Eigenvalues and Eigenvectors
As a general rule, an Operator \(A:\mathcal{V}\to\mathcal{V}\) changes a vector to another vector, \(A|\alpha\rangle = |\beta\rangle\). I.e. \(|\beta\rangle \not\propto |\alpha\rangle\).
For eigenvectors of \(A\), \(A\) scales the vector, \(A|a_i\rangle = a_i|a_i\rangle\).
Definition
An eigenvector of \(A\) is a vector \(|v\rangle\) such that \(A|v\rangle = \alpha|v\rangle\). \(\alpha\) is called the eigenvalue.
The set of eigenvalues, \(\Sigma(A)\) is the spectrum of \(A\).
Examples
Angular momentum tensor: \(\vec{L}=I\cdot \vec{\omega}\).
Scale Factor
Every eigenvector has an arbitrary scale factor \(c=N\exp(i\theta)\), which comprises an arbitrary scale and phase.
Phase Factor
All eigenvectors have an arbitrary phase, \(\exp(i\theta)\). The phase is generally set so that the first non-zero component is a positive real number.
Determining
\(A|a\rangle = a\mathbb{I}|a\rangle = (A-a\mathbb{I})|a\rangle = 0\). Finding \(a\) such that \(\det(A-a\mathbb{I})=0\). So, the non-trivial solutions of \(|a\rangle\) only exist when \(A-a\mathbb{I}\) is not invertible.
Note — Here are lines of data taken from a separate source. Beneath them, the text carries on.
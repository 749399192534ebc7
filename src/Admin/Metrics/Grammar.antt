-- ===== src/Admin/Metrics/Grammar.antt =====
-- The lines of Prometheus' text format that the metrics of app/api/admin.py use.
use syn.Common.{
  ℕ, ◌≡◌, ◌||◌, ◌&&◌, not, Bool, true, false, List, [], ◌∷◌, All, leb, ◌==◌, is_empty,
  if◌then◌else◌,
}
use syn.Common.Text.{Text, codes, starts_with}
use syn.Common.Decimal.{is_digit}

is_lower : ℕ → Bool
is_lower c = leb b'a' c && leb c b'z'

-- A value: digits, with a point, signs and an exponent.
unfoldable pub is_value_char : ℕ → Bool
unfolding is_digit
is_value_char c = is_digit c || c == b'.' || c == b'e' || c == b'+' || c == b'-'

unfoldable pub all_value : Text → Bool
unfolding is_value_char
all_value [] = true
all_value (c ∷ s) = is_value_char c && all_value s

unfoldable pub is_value : Text → Bool
unfolding all_value
is_value s = not (is_empty s) && all_value s

-- The end of the labels, a space and a value.
closed : Text → Bool
unfolding is_value
closed (c ∷ d ∷ s) = c == b'}' && d == b' ' && is_value s
closed _ = false

-- A label's value, after its first quote.
quoted : Text → Bool
unfolding closed
quoted [] = false
quoted (c ∷ s) = let rest = quoted s in if c == b'"' then closed s else rest

opened : Text → Bool
unfolding quoted
opened [] = false
opened (c ∷ s) = c == b'"' && quoted s

-- The rest of a label's name, and what comes after it.
label_rest : Text → Bool
unfolding is_lower opened
label_rest [] = false
label_rest (c ∷ s) =
    let rest = label_rest s in
    if is_lower c || c == b'_' then rest else if c == b'=' then opened s else false

label : Text → Bool
unfolding is_lower label_rest
label [] = false
label (c ∷ s) = is_lower c && label_rest s

-- The rest of a metric's name, and what comes after it: a label in braces, or a space and a value.
metric_rest : Text → Bool
unfolding is_lower label is_value
metric_rest [] = false
metric_rest (c ∷ s) =
    let rest = metric_rest s in
    if is_lower c || c == b'_'
    then rest
    else if c == b'{'
    then label s
    else if c == b' '
    then is_value s
    else false

metric : Text → Bool
unfolding is_lower metric_rest
metric [] = false
metric (c ∷ s) = is_lower c && metric_rest s

-- A line of the format: blank, a comment, or a metric's name, in lower case, with at most one label,
-- then a space and a number.
unfoldable pub is_line : Text → Bool
unfolding metric
is_line s = is_empty s || starts_with (codes "#") s || metric s

abbrev pub AreLines : List Text → Type 0
AreLines lines = All (λ l. is_line l ≡ true) lines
Thus, it must have a zero determinant.
When \(a\) s are obtained, Solve for vectors that solve \(A-a\mathbb{I}=0\)
Degeneracies
If \(a\) is degenerate, find any linearly independent set and use \(Gram-Schmidt\) to orthogonalize.
Theorem
For any Hermitian operator on a finite dimensional vector space,
- The eigenvalues of \(H\) are real
- Eigenvectors that belong to distinct eigenvalues are orthogonal
- The eigenvectors can always be chosent to be an Orthonormal basis for the vector space (for \(\mathbb{C}\))
- There exists an orthonormal basis of simultaneous eigenvectors of two Hermitian operators \(A,B\) iff \([A,B]=AB-BA=0\)
Proof of 4
Assume \([A,B]=0\). Let \(|a\rangle\) be an eigenvector for \(A\). Then \(BA|a\rangle = a(B|a\rangle) = A(B|a\rangle)\). Thus, \(B|a\rangle\) is also an eigenvector for \(A\). Vice-versa for \(B\).
Assume \(A\) and \(B\) have simultaneous eigenvectors. Then let \(|a,b\rangle\) be any eigenvector for both \(A\) and \(B\). So, \(AB|a,b\rangle = BA|a,b\rangle = ab|a,b\rangle\), thus, \((AB-BA)|a,b\rangle = 0\). Then, any linear combination of eigenvectors gives zero. Thus, \(AB-BA=0\).
Spectral Theorem for Hermitian Operators
Given a Hermitian operator \(H\) on a finite-dimensional, \(n=\dim\mathcal{V}\), vector space, \(\mathcal{V}\), choose an orthonormal basis of \(H\)’s eigenvectors: \(H|h_i\rangle = h_i|h_i\rangle, \langle h_i|h_j\rangle = \delta^i_j\). Then the matrix of \(H\) in the basis \(\{|h_i\rangle\}\) is diagonal, \(H^i_j=\langle h_i|H|h_j\rangle=h_i\delta^i_j\).
If we are in another basis, when we express the eigenvectors in this basis we can construct the unitary matrix with the column vectors \(|h_i\rangle\), \(U=(|h_1\rangle\:|h_2\rangle\:\cdots\:|h_n\rangle)\). So, \(H=\sum_i h_iP_i\) with \(P_i=|h_i\rangle\langle h_i|\). This is the spectral theorem.
Then the matrix of \(H\) is given by \(H=U^\dagger H_DU\).